[Saved entries]
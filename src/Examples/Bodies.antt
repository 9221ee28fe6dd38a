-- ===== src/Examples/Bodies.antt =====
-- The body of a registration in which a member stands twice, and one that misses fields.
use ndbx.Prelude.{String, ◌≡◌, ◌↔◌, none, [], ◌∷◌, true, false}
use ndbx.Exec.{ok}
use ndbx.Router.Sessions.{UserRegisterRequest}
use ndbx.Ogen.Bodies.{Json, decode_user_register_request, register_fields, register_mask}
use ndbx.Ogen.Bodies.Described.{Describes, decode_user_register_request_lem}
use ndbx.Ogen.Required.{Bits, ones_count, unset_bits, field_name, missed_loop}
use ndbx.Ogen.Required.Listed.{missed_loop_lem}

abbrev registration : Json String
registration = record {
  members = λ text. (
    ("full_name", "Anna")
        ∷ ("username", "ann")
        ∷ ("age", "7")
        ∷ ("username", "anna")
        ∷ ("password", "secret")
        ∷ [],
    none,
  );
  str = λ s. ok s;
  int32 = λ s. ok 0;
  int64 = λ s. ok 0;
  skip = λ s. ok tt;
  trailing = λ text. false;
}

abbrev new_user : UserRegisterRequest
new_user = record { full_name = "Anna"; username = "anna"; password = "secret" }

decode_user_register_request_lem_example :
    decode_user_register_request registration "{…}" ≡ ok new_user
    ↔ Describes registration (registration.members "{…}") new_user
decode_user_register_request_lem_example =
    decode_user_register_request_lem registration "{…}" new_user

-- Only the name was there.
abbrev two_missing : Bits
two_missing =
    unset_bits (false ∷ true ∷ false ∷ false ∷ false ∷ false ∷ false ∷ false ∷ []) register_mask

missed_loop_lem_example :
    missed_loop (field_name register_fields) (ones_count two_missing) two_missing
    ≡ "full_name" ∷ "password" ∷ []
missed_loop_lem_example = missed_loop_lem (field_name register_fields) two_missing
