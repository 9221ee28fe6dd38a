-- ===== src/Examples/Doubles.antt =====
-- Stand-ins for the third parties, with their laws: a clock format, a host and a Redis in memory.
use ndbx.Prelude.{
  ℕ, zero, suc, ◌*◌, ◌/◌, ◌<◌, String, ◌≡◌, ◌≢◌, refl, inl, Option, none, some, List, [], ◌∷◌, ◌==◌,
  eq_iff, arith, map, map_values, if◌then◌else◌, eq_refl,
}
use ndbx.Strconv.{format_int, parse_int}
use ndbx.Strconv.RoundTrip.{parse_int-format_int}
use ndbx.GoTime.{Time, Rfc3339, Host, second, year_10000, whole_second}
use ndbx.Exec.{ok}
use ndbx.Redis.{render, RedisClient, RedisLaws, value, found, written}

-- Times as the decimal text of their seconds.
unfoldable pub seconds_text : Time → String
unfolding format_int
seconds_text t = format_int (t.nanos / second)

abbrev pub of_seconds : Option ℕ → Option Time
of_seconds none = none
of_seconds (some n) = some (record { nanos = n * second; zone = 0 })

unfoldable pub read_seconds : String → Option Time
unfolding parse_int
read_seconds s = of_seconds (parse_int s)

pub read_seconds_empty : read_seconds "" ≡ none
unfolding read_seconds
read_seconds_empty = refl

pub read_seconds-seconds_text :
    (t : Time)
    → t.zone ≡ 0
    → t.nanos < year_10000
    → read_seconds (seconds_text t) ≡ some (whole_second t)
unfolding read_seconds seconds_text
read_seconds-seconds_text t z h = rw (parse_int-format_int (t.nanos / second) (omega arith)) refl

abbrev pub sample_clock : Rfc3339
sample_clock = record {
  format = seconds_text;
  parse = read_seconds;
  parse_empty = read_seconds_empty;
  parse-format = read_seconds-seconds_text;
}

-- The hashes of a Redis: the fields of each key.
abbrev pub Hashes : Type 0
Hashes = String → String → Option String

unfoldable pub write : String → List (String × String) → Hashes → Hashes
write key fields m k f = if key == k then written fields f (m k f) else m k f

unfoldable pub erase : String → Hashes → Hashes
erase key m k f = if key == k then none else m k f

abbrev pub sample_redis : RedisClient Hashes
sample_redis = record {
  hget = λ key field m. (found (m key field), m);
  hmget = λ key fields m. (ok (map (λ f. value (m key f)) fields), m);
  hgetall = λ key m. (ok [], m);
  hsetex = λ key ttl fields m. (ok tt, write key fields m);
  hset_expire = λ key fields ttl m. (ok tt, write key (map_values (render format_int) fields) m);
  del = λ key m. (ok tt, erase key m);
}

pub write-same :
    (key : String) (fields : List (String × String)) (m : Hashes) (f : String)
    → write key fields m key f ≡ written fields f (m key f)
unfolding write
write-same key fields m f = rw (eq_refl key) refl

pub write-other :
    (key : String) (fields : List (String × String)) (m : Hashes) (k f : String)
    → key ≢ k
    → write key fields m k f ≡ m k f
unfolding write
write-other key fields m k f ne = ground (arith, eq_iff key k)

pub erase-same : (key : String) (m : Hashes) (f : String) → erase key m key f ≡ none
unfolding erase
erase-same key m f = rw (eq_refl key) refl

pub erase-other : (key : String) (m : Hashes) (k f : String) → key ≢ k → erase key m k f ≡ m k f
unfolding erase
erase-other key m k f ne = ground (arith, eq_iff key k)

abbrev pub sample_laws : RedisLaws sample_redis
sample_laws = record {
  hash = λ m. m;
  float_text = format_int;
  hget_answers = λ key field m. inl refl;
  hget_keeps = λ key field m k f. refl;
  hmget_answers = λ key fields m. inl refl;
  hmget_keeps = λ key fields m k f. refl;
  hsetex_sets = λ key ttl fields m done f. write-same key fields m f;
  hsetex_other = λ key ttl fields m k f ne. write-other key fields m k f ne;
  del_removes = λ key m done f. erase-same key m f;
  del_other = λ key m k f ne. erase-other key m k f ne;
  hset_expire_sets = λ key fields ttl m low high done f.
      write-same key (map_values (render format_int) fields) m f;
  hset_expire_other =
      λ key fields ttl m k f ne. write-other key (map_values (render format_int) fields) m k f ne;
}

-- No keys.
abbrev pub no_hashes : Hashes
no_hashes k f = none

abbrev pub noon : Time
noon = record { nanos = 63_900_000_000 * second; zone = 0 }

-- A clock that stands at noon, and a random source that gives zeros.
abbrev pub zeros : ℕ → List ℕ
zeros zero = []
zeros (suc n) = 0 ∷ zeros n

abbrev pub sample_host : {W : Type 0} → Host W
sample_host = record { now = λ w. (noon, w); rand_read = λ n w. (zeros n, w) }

TASK DETAILS :: Only the lines above starting at the one containing "abbrev pub sample_laws" and ending at the one containing "noon = record", both included, are to be returned, exactly as they read.

ANSWER TO THIS PROBLEM ::
abbrev pub sample_laws : RedisLaws sample_redis
sample_laws = record {
  hash = λ m. m;
  float_text = format_int;
  hget_answers = λ key field m. inl refl;
  hget_keeps = λ key field m k f. refl;
  hmget_answers = λ key fields m. inl refl;
  hmget_keeps = λ key fields m k f. refl;
  hsetex_sets = λ key ttl fields m done f. write-same key fields m f;
  hsetex_other = λ key ttl fields m k f ne. write-other key fields m k f ne;
  del_removes = λ key m done f. erase-same key m f;
  del_other = λ key m k f ne. erase-other key m k f ne;
  hset_expire_sets = λ key fields ttl m low high done f.
      write-same key (map_values (render format_int) fields) m f;
  hset_expire_other =
      λ key fields ttl m k f ne. write-other key (map_values (render format_int) fields) m k f ne;
}

-- No keys.
abbrev pub no_hashes : Hashes
no_hashes k f = none

abbrev pub noon : Time
noon = record { nanos = 63_900_000_000 * second; zone = 0 }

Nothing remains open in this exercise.